Development and in vivo evaluation of a SARS-CoV-2 inactivated vaccine using high hydrostatic pressure

Abstract

Developing low-cost vaccine production strategies is crucial to achieving global health equity and mitigating the spread and impact of disease outbreaks. High hydrostatic pressure (HHP) technology is a widely used technology employed in the food industry for long-term preservation. This project aims at validating HHP as a cost-effective method for the production of highly immunogenic thermal stable whole-virus SARS-CoV-2 vaccines. Structural studies on HHP-inactivated viruses demonstrated pressure-dependent effects, with higher pressures (500-600 MPa) destabilizing viral morphology. Immunogenicity assessments, in animal models, revealed that 500 MPa treatment elicited the most robust humoral and cellular immune responses, outperforming heat inactivation. Additionally, HHP-inactivated viral preparation retained thermostability for 30 days at 4 °C, reducing cold-chain dependencies and enabling vaccine distribution also in low-resource settings. With its rapid, cost-effective, and scalable production process, HHP presents a transformative, equitable solution for global vaccine development, particularly for emerging pathogens.

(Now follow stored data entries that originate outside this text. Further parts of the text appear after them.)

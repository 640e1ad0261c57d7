-- ===== src/Tsdb/Varint.antt =====
-- Numbers of up to 64 bits survive their variable-length encodings.
use metalwatch.Base.{
  ℕ, zero, suc, ◌+◌, ◌*◌, ◌/◌, ◌%◌, ◌^◌, ◌<◌, ◌≡◌, refl, ap, some, ◌++◌, length, arith,
}
use native.Mathlib.Nat.{pow-suc, div-add-mod}
use metalwatch.Base.Bytes.{Bytes}
use metalwatch.Tsdb.{
  uvarint_groups, uvarint_bytes, uvarint_loop, read_uvarint, zigzag, unzigzag, varint_bytes,
  read_varint, little_endian, from_little,
}

unzigzag-zigzag : (w : ℕ) → w < 2 ^ 64 → unzigzag (zigzag w) ≡ w
unfolding unzigzag zigzag
unzigzag-zigzag w h = ground arith

zigzag-lt : (w : ℕ) → w < 2 ^ 64 → zigzag w < 2 ^ 64
unfolding zigzag
zigzag-lt w h = ground arith

split_place : (v place : ℕ) → v * place ≡ v % 128 * place + v / 128 * (place * 128)
split_place v place = omega (arith, ap (λ (t : ℕ). t * place) (div-add-mod v 128))

uvarint_loop-groups :
    (left v sum place n : ℕ) (rest : Bytes)
    → v < 2 * 128 ^ left
    → uvarint_loop (suc left) (uvarint_groups left v ++ rest) sum place n
      ≡ some (sum + v * place, n + length (uvarint_groups left v))
unfolding uvarint_loop uvarint_groups
uvarint_loop-groups zero v sum place n rest h = ground arith
uvarint_loop-groups (suc left) v sum place n rest h = ground (
  arith,
  pow-suc 128 left,
  split_place v place,
  uvarint_loop-groups left (v / 128) (sum + v % 128 * place) (place * 128) (suc n) rest,
)

pub read_uvarint-bytes :
    (v : ℕ) (rest : Bytes)
    → v < 2 ^ 64
    → read_uvarint (uvarint_bytes v ++ rest) ≡ some (v, length (uvarint_bytes v))
unfolding read_uvarint uvarint_bytes
read_uvarint-bytes v rest h = ground (arith, uvarint_loop-groups 9 v 0 1 0 rest)

pub read_varint-bytes :
    (w : ℕ) (rest : Bytes)
    → w < 2 ^ 64
    → read_varint (varint_bytes w ++ rest) ≡ some (w, length (varint_bytes w))
unfolding read_varint varint_bytes
read_varint-bytes w rest h =
    ground (arith, read_uvarint-bytes (zigzag w) rest (zigzag-lt w h), unzigzag-zigzag w h)

from_little-endian :
    (k v : ℕ) (rest : Bytes) → v < 256 ^ k → from_little k (little_endian k v ++ rest) ≡ some v
unfolding from_little little_endian
from_little-endian zero v rest h = ground arith
from_little-endian (suc k) v rest h =
    ground (arith, pow-suc 256 k, from_little-endian k (v / 256) rest)

pub read_word :
    (v : ℕ) (rest : Bytes) → v < 2 ^ 64 → from_little 8 (little_endian 8 v ++ rest) ≡ some v
read_word v rest h = from_little-endian 8 v rest (omega arith)

pub length-little_endian : (k v : ℕ) → length (little_endian k v) ≡ k
unfolding little_endian
length-little_endian zero v = refl
length-little_endian (suc k) v = ap suc (length-little_endian k (v / 256))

Fig. 1. HHP treatment of viral isolates and its effects on viral structure and antigenicity.

a Pressure profile of high hydrostatic pressure (HHP) treatment applied over time. Each pressure was maintained for a fixed duration, followed by a rapid decompression phase to atmospheric pressure. After each pressurization cycle, the viral suspension subjected to the treatment was removed and replaced with a fresh suspension for the following cycle. The machine was maintained active throughout the entire series of treatments, continuously recording pressure, including during decompression phases when the pressure returned to ambient levels, resulting in the appearance of a sequential pressure profile in the figure, although each cycle was conducted separately. b Viral replication dynamics, measured as ΔCt values of Real-Time PCR, for HHP-treated and non-HHP treated B.1 and BQ.1.1 lineages over time. C. nsEM microscopy results for 400–600 MPa-treated SARS-CoV-2 isolates compared to the control (non-HHP-treated). d Results of western blot analyses conducted to test the ability of viral proteins to bind polyclonal and monoclonal antibodies after inactivation at high pressures.

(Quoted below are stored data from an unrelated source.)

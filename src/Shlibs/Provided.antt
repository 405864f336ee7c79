-- ===== src/Shlibs/Provided.antt =====
-- What collect_shlibs gathers: the libraries of the resulting system.
use xbps.Common.{
  Bool, ◌||◌, ◌&&◌, not, some, List, [], ◌∷◌, ◌≡◌, refl, fun_ext, ap, ◌∙◌, inl, inr, CStr, streq,
  streq_iff, streq_refl, any, All, arith, Bool-cases,
}
use xbps.Pkg.{Installed, Pkg, hold, remove, ◌same_trans◌, pkg_type}
use xbps.Shlibs.{
  ok, ShlibCtx, shlib_entry_find, shlib_entry_get, collect_shlib_array, libs, collect_pkg_shlibs,
  collect_pkgs, passed_over, collect_installed_shlibs, collect_pkgdb, collect_shlibs,
}
use xbps.Shlibs.Reference.{joins, provides_lib, decides, stays, provided}

-- A dictionary with both names.
pub record HasNames (p : Pkg) : Type 0 where
  pub ver : CStr
  pub name : CStr
  pub has_ver : p.pkgver ≡ some ver
  pub has_name : p.pkgname ≡ some name

shlib_entry_get-find :
    (es : List CStr) (s l : CStr)
    → shlib_entry_find (shlib_entry_get es s) l ≡ (shlib_entry_find es l || streq l s)
unfolding shlib_entry_get shlib_entry_find any
shlib_entry_get-find es s l = elim (Bool-cases (streq l s)) [
  | inl e ↦ let same = (streq_iff l s).0 e in let r = streq_refl s in rw same (ground (arith, r))
  | inr e ↦ ground (arith, e)
]

collect_shlib_array-find :
    (es array : List CStr) (l : CStr)
    → shlib_entry_find (collect_shlib_array es array) l
      ≡ (shlib_entry_find es l || any (streq l) array)
unfolding collect_shlib_array any
collect_shlib_array-find es [] l = ground arith
collect_shlib_array-find es (s ∷ array) l =
    let rest = collect_shlib_array-find (shlib_entry_get es s) array l in
    let first = shlib_entry_get-find es s l in ground (arith, rest, first)

-- What the context holds, as a test of a library and of a name.
record Holds (ctx : ShlibCtx) (lib name : CStr → Bool) : Type 0 where
  pub entries_have : (l : CStr) → shlib_entry_find ctx.entries l ≡ lib l
  pub seen_has : (n : CStr) → any (streq n) ctx.seen ≡ name n

collect_pkg_shlibs-Holds :
    (ctx : ShlibCtx) (p : Pkg)
    → HasNames p
    → (after : ShlibCtx) × (collect_pkg_shlibs ctx p ≡ ok after)
      × Holds after
          (λ l. shlib_entry_find ctx.entries l || joins p && provides_lib l p)
          (λ n. any (streq n) ctx.seen || decides n p)
unfolding collect_pkg_shlibs joins provides_lib decides any
collect_pkg_shlibs-Holds ctx p h = elim (Bool-cases (pkg_type p same_trans hold)) [
  | inl e ↦ (
    ctx,
    ground (arith, e),
    record { entries_have = λ l. ground (arith, e); seen_has = λ n. ground (arith, e) },
  )
  | inr e ↦ elim (Bool-cases (pkg_type p same_trans remove)) [
    | inl r ↦
        let g = h.has_name in
        (
          record ctx { seen = h.name ∷ ctx.seen },
          ground (arith, e, r, g),
          record { entries_have = λ l. ground (arith, e, r); seen_has = λ n. ground (arith, e, g) },
        )
    | inr r ↦
        let g = h.has_name in
        (
          record {
            entries = collect_shlib_array ctx.entries (libs p.shlib_provides);
            seen = h.name ∷ ctx.seen;
          },
          ground (arith, e, r, g),
          record {
            entries_have = λ l.
                let c = collect_shlib_array-find ctx.entries (libs p.shlib_provides) l in
                ground (arith, e, r, c);
            seen_has = λ n. ground (arith, e, g);
          },
        )
  ]
]

collect_pkgs-Holds :
    (ctx : ShlibCtx) (pkgs : List Pkg)
    → All HasNames pkgs
    → (after : ShlibCtx) × (collect_pkgs ctx pkgs ≡ ok after)
      × Holds after
          (λ l. shlib_entry_find ctx.entries l || any (λ p. joins p && provides_lib l p) pkgs)
          (λ n. any (streq n) ctx.seen || any (decides n) pkgs)
unfolding collect_pkgs any
collect_pkgs-Holds ctx [] h =
    (ctx, refl, record { entries_have = λ l. ground arith; seen_has = λ n. ground arith })
collect_pkgs-Holds ctx (p ∷ pkgs) h =
    let (mid, runs, f) = collect_pkg_shlibs-Holds ctx p h.0 in
    let (after, runs', g) = collect_pkgs-Holds mid pkgs h.1 in
    (
      after,
      ground (arith, runs, runs'),
      record {
        entries_have =
            λ l. let a = f.entries_have l in let b = g.entries_have l in ground (arith, a, b);
        seen_has = λ n. let a = f.seen_has n in let b = g.seen_has n in ground (arith, a, b);
      },
    )

-- `seen` has the names that the transaction decides on.
abbrev pub Decided : List CStr → List Pkg → Type 0
Decided seen pkgs = (n : CStr) → any (streq n) seen ≡ any (decides n) pkgs

pub passed_over-stays :
    (seen : List CStr) (pkgs : List Pkg)
    → Decided seen pkgs
    → (obj : Installed) → passed_over seen obj.key ≡ not (stays pkgs obj)
unfolding passed_over stays
passed_over-stays seen pkgs same obj = let e = same obj.key in ground (arith, e)

collect_installed_shlibs-seen :
    (ctx : ShlibCtx) (obj : Installed) → (collect_installed_shlibs ctx obj).seen ≡ ctx.seen
unfolding collect_installed_shlibs
collect_installed_shlibs-seen ctx obj = ground arith

collect_installed_shlibs-find :
    (ctx : ShlibCtx) (pkgs : List Pkg)
    → Decided ctx.seen pkgs
    → (obj : Installed) (l : CStr)
    → shlib_entry_find (collect_installed_shlibs ctx obj).entries l
      ≡ (shlib_entry_find ctx.entries l || stays pkgs obj && provides_lib l obj.pkgd)
unfolding collect_installed_shlibs provides_lib
collect_installed_shlibs-find ctx pkgs same obj l =
    let e = passed_over-stays ctx.seen pkgs same obj in
    let c = collect_shlib_array-find ctx.entries (libs obj.pkgd.shlib_provides) l in
    ground (arith, e, c)

collect_pkgdb-find :
    (ctx : ShlibCtx) (pkgs : List Pkg)
    → Decided ctx.seen pkgs
    → (pkgdb : List Installed)
    → ((collect_pkgdb ctx pkgdb).seen ≡ ctx.seen)
      × ((l : CStr)
          → shlib_entry_find (collect_pkgdb ctx pkgdb).entries l ≡ (
              shlib_entry_find ctx.entries l
              || any (λ obj. stays pkgs obj && provides_lib l obj.pkgd) pkgdb))
unfolding collect_pkgdb any
collect_pkgdb-find ctx pkgs same [] = (refl, λ l. ground arith)
collect_pkgdb-find ctx pkgs same (obj ∷ pkgdb) =
    let e = collect_installed_shlibs-seen ctx obj in
    let mid = collect_installed_shlibs ctx obj in
    let (seen_is, has) = collect_pkgdb-find mid pkgs (λ n. ap (any (streq n)) e ∙ same n) pkgdb in
    (
      seen_is ∙ e,
      λ l.
          let a = has l in
          let b = collect_installed_shlibs-find ctx pkgs same obj l in ground (arith, a, b),
    )

-- collect_shlibs gathers the libraries of the resulting system.
pub collect_shlibs-provided :
    (pkgdb : List Installed) (pkgs : List Pkg)
    → All HasNames pkgs
    → (ctx : ShlibCtx) × (collect_shlibs pkgdb pkgs ≡ ok ctx)
      × (shlib_entry_find ctx.entries ≡ provided pkgdb pkgs)
      × Decided ctx.seen pkgs
unfolding collect_shlibs provided any shlib_entry_find
collect_shlibs-provided pkgdb pkgs h =
    let (ctx, runs, f) = collect_pkgs-Holds (record { entries = []; seen = [] }) pkgs h in
    let (seen_is, has) = collect_pkgdb-find ctx pkgs f.seen_has pkgdb in
    (
      collect_pkgdb ctx pkgdb,
      ground (arith, runs),
      fun_ext (λ l. let a = has l in let b = f.entries_have l in ground (arith, a, b)),
      λ n. ap (any (streq n)) seen_is ∙ f.seen_has n,
    )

Fig. 2. HHP-inactivated SARS-CoV-2 in vivo safety and immunogenicity testing and activation of specific humoral responses.

a Experimental timeline and protocol for mouse immunization, including priming (day 0), boosting (day 28), biological samples collection, and endpoint (day 53). b Immunization groups. c, e IgG titers measured via ELISA for B.1 (c) and BQ.1.1 (e) lineages. d, f Comparison of IgG titers at distinct time points for B.1 (d) and BQ.1.1 (f) lineages. Statistically significant differences are indicated: ***p < 0.001, **p < 0.05, ns = not significant.

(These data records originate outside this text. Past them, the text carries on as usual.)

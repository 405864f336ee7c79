-- ===== src/Shlibs/Report.antt =====
-- The report of the check is the one of the reference.
use mathlib.Core.List.{append_assoc}
use xbps.Common.{
  some, List, [], ◌∷◌, ◌++◌, ◌≡◌, refl, sym, ap, append-nil, inl, inr, CStr, All, arith, Bool-cases,
}
use xbps.Pkg.{Installed, Pkg}
use xbps.Shlibs.{
  ok, ShlibCtx, shlib_entry_find, libs, broken, check_requires, check_pkg, check_pkgs,
  check_installed, check_pkgdb, check_shlibs, left_missing, transaction_check_shlibs,
}
use xbps.Shlibs.Reference.{joins, stays, lacking, pkg_lacks, pkgs_lack, installed_lack, unresolved}
use xbps.Shlibs.Provided.{HasNames, Decided, passed_over-stays, collect_shlibs-provided}

check_requires_lem :
    (entries : List CStr) (ver : CStr) (missing array : List CStr)
    → check_requires entries (some ver) missing array
      ≡ ok (missing ++ lacking (shlib_entry_find entries) ver array)
unfolding check_requires lacking
check_requires_lem entries ver missing [] = ap ok (sym (append-nil missing))
check_requires_lem entries ver missing (l ∷ array) =
    elim (Bool-cases (shlib_entry_find entries l)) [
      | inl e ↦
          let rest = check_requires_lem entries ver missing array in
          rw (e, check_requires) (ground (arith, rest, e))
      | inr e ↦
          let rest = check_requires_lem entries ver (missing ++ broken ver l ∷ []) array in
          rw (e, check_requires)
            (ground (
              arith,
              rest,
              e,
              append_assoc missing (broken ver l ∷ [])
                  (lacking (shlib_entry_find entries) ver array),
            ))
    ]

check_pkg_lem :
    (ctx : ShlibCtx) (missing : List CStr) (p : Pkg)
    → HasNames p
    → check_pkg ctx missing p ≡ ok (missing ++ pkg_lacks (shlib_entry_find ctx.entries) (joins p) p)
unfolding check_pkg joins pkg_lacks
check_pkg_lem ctx missing p h =
    let g = h.has_ver in
    let r = check_requires_lem ctx.entries h.ver missing (libs p.shlib_requires) in
    let n = append-nil missing in ground (arith, g, r, n)

check_pkgs_lem :
    (ctx : ShlibCtx) (missing : List CStr) (pkgs : List Pkg)
    → All HasNames pkgs
    → check_pkgs ctx missing pkgs ≡ ok (missing ++ pkgs_lack (shlib_entry_find ctx.entries) pkgs)
unfolding check_pkgs pkgs_lack
check_pkgs_lem ctx missing [] h = ap ok (sym (append-nil missing))
check_pkgs_lem ctx missing (p ∷ pkgs) h =
    let has = shlib_entry_find ctx.entries in
    let first = check_pkg_lem ctx missing p h.0 in
    let rest = check_pkgs_lem ctx (missing ++ pkg_lacks has (joins p) p) pkgs h.1 in
    let a = append_assoc missing (pkg_lacks has (joins p) p) (pkgs_lack has pkgs) in
    ground (arith, first, rest, a)

abbrev pub HasPkgver : Installed → Type 0
HasPkgver obj = (ver : CStr) × (obj.pkgd.pkgver ≡ some ver)

module _ (ctx : ShlibCtx) (pkgs : List Pkg) (same : Decided ctx.seen pkgs) where
  check_installed_lem :
      (missing : List CStr) (obj : Installed)
      → HasPkgver obj
      → check_installed ctx missing obj
        ≡ ok (missing ++ pkg_lacks (shlib_entry_find ctx.entries) (stays pkgs obj) obj.pkgd)
  unfolding check_installed pkg_lacks
  check_installed_lem missing obj (ver, g) =
      let e = passed_over-stays ctx.seen pkgs same obj in
      let r = check_requires_lem ctx.entries ver missing (libs obj.pkgd.shlib_requires) in
      let n = append-nil missing in ground (arith, e, g, r, n)

  check_pkgdb_lem :
      (missing : List CStr) (pkgdb : List Installed)
      → All HasPkgver pkgdb
      → check_pkgdb ctx missing pkgdb
        ≡ ok (missing ++ installed_lack (shlib_entry_find ctx.entries) pkgs pkgdb)
  unfolding check_pkgdb installed_lack
  check_pkgdb_lem missing [] h = ap ok (sym (append-nil missing))
  check_pkgdb_lem missing (obj ∷ pkgdb) h =
      let has = shlib_entry_find ctx.entries in
      let first = check_installed_lem missing obj h.0 in
      let rest = check_pkgdb_lem (missing ++ pkg_lacks has (stays pkgs obj) obj.pkgd) pkgdb h.1 in
      let a =
        append_assoc missing (pkg_lacks has (stays pkgs obj) obj.pkgd)
          (installed_lack has pkgs pkgdb) in
      ground (arith, first, rest, a)

-- On packages with their names and installed packages with their pkgvers, the check never fails,
-- and what it leaves in `missing_shlibs` is exactly one message for each library that a package
-- of the resulting system requires and no package of the resulting system provides; without such
-- a library nothing is left.
pub transaction_check_shlibs-unresolved :
    (pkgdb : List Installed) (pkgs : List Pkg)
    → All HasNames pkgs
    → All HasPkgver pkgdb
    → transaction_check_shlibs pkgdb [] pkgs ≡ ok (left_missing (unresolved pkgdb pkgs))
unfolding transaction_check_shlibs check_shlibs unresolved
transaction_check_shlibs-unresolved pkgdb pkgs h k =
    let (ctx, runs, has, same) = collect_shlibs-provided pkgdb pkgs h in
    let first = check_pkgs_lem ctx [] pkgs h in
    let rest =
      check_pkgdb_lem ctx pkgs same (pkgs_lack (shlib_entry_find ctx.entries) pkgs) pkgdb k in
    rw (runs, first, rest, has) refl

Fig. 3. Induction of neutralizing antibody response in HHP-inactivated SARS-CoV-2 vaccinee.

a Western blot analysis of sera from mice immunized with B.1 and BQ.1.1 lineage viruses inactivated by 500 MPa, 600 MPa HHP, or heat. b–e Neutralizing antibody titers in immunized mice measured at different time points. Images B and D show longitudinal neutralization titers for B.1 (b) and BQ.1.1 (d) lineages. Images (c, d) show the comparison of neutralizing titers between immunization groups. Statistical significance: ***p < 0.001, **p < 0.05, ns not significant.

Fig. 4. Induction of T-cell response in HHP-inactivated SARS-CoV-2 vaccinee.

a, c IFN-γ ELISpot results for PBMCs from mice immunized with B.1 (a) and BQ.1.1 (c) lineage viruses inactivated by 500 MPa, 600 MPa HHP, or heat. b, d IFN-γ ELISpot results for splenocytes from mice immunized with B.1 (b) and BQ.1.1 (d) lineage viruses. Statistical significance: **p < 0.05, ns = not significant.

Fig. 5. Western blot analysis of the Spike protein signal from SARS-CoV-2 B.1 and BQ.1.1 variants inactivated at 500 MPa, stored at different temperatures (-80 °C, 4 °C, 25 °C).

Vaccine candidate aliquots stored under different conditions were analyzed over various time points (7, 14, and 30 days).